The new changes take that concept of “overdue” and use it as a stop-gap. If the time span of the series is longer than the desired time span, and the difficulty is being decreased, it will not continue to decrease it until it sees that the next block of the algorithm is overdue. Likewise, when the series is shorter than the desired time span, and the difficulty has been raised, it will not continue to raise the difficulty when the next block is overdue. This changes the algorithm to trust its adjustment and wait until results are seen before adjusting further.

This opened the ability to change the algorithm used in the initial switchover. The original switchover code left the minimum difficulty in place until 60 blocks of an algo are mined. This could also run the risk of hyper-producing blocks and then starting the algorithm off needing massive difficulty adjustments. We however have all the information we need to make an adjustment from the very beginning of the switchover period. We know the time of the block right before the fork. We also know the time of each block that comes in after the fork. We will know if an algorithm is ahead of schedule when the first block comes in for that algo—by measuring the time from the fork to the time of that block—and can begin adjusting the difficulty immediately. Once we have that first block, measuring from the tip of the chain to that first block, we can immediately determine if the next one is overdue or not. So rather than letting it go like monkeys on Mountain Dew for an hour or more before the spacing is enforced; the spacing will be monitored and adjusted from the beginning.

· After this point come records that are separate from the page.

-- ===== src/Config/WsUrl/Spelled.antt =====
-- src/config.c: how a URL spells its scheme, its host and its port, for `ws_url_split`.
use wireguard_tools.Config.Numbers.{is_empty, first_byte}
use wireguard_tools.Libc.Text.{StartsAt, contains}
use wireguard_tools.Prelude.{
  ℕ, ◌<◌, ◌≡◌, ◌⊎◌, Bool, true, false, ◌∷◌, ◌++◌, ◌==◌, Bytes, codes, length, equal_nocase,
}

-- A host and a port as a URL writes them, with the host in brackets or plain.
abbrev pub authority : Bool → Bytes → Bytes → Bytes
authority true host port = b'[' ∷ (host ++ (b']' ∷ b':' ∷ port))
authority false host port = host ++ (b':' ∷ port)

-- What makes the two readable: the first closing bracket ends the host, and without brackets, the
-- last colon before the path does.
abbrev pub Readable : Bool → Bytes → Bytes → Type 0
Readable true host port = contains b']' host ≡ false
Readable false host port =
    ((first_byte host == b'[') ≡ false)
    × (contains b'/' host ≡ false)
    × (contains b':' port ≡ false)

-- A URL of the form ws(s)://host:port or ws(s)://[host]:port, with a path or nothing behind, whose
-- host and port are not empty and fit their buffers.
pub record IsWsUrl (hostsz portsz : ℕ) (brackets : Bool) (url host port : Bytes) : Type 0 where
  pub scheme : Bytes
  pub scheme_is :
      (equal_nocase scheme (codes "ws://") ≡ true) ⊎ (equal_nocase scheme (codes "wss://") ≡ true)
  pub path : Bytes
  pub path_start : StartsAt b'/' path
  pub spelled : url ≡ scheme ++ (authority brackets host port ++ path)
  pub readable : Readable brackets host port
  pub port_plain : contains b'/' port ≡ false
  pub host_nonempty : is_empty host ≡ false
  pub port_nonempty : is_empty port ≡ false
  pub host_fits : length host < hostsz
  pub port_fits : length port < portsz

This point is especially important to make, as this will not likely work right in devnet, since we will not have a controlled fork time coded for the future. It will be done during testnet, and during mainnet, as the fork will be set to a future date. However regtest and devnet have back-dated fork dates, so it will actually measure from the back-dated time to the first block, and will remain at minimum difficulty unless we chose to set a fork date in the future for the restart of devnet.

The difficulty changes (and another write-up) can be found with PR #827.

To make a long story short, our controlled testing is almost complete, and the pool will soon be open for swimming!